[Dataset entries]
• • •
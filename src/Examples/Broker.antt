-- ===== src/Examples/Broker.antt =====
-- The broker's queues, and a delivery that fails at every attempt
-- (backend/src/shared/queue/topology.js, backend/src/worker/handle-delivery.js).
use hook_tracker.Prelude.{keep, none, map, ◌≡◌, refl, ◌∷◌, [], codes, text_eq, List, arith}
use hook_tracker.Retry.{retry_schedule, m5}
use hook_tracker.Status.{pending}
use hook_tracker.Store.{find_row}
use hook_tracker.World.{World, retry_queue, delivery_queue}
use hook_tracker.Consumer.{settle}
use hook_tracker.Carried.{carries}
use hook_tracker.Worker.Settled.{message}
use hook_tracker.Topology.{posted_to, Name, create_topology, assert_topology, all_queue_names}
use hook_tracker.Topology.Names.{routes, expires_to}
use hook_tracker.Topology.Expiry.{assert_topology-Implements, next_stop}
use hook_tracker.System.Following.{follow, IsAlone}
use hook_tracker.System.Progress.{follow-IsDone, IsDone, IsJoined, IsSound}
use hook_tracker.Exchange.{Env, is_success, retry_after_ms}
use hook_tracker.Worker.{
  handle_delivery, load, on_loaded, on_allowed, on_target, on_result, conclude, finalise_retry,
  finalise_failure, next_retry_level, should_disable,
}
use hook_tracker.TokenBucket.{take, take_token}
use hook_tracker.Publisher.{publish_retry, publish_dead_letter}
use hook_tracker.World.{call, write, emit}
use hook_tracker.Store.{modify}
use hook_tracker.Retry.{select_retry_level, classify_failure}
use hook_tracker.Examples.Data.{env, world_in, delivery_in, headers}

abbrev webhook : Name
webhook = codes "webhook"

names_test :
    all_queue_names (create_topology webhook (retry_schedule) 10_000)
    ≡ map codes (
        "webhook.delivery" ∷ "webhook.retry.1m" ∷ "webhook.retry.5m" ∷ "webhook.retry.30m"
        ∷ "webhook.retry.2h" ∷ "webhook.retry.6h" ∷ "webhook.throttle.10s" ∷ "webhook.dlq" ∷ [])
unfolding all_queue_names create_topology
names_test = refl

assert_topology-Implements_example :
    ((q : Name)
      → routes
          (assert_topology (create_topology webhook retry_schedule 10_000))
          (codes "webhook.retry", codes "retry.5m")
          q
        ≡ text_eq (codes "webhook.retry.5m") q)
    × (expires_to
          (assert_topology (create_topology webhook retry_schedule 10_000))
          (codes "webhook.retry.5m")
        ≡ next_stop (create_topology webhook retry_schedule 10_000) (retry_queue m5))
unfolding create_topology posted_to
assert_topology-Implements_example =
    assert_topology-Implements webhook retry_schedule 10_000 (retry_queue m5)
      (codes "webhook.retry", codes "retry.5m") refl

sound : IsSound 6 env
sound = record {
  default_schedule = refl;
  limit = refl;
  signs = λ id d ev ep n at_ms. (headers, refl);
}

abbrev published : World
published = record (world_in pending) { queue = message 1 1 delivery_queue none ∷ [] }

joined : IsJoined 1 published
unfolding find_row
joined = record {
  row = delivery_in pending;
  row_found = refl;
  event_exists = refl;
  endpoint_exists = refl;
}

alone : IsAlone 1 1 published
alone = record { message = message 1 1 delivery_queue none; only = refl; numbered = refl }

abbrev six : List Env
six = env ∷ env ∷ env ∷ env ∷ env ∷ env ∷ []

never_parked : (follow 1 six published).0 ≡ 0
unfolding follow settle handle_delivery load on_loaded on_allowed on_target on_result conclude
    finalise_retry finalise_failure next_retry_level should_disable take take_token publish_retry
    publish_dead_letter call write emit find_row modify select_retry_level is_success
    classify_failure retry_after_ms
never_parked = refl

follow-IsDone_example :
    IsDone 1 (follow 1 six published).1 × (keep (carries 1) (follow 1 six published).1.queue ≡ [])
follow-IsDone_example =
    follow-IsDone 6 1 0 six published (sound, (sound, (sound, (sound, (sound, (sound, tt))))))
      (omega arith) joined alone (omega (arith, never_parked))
• • •
What you have to do: Search the data for "antt". Copy each line that has it.

Response to this task:
filename src/Examples/Broker.antt
-- ===== src/Examples/Broker.antt =====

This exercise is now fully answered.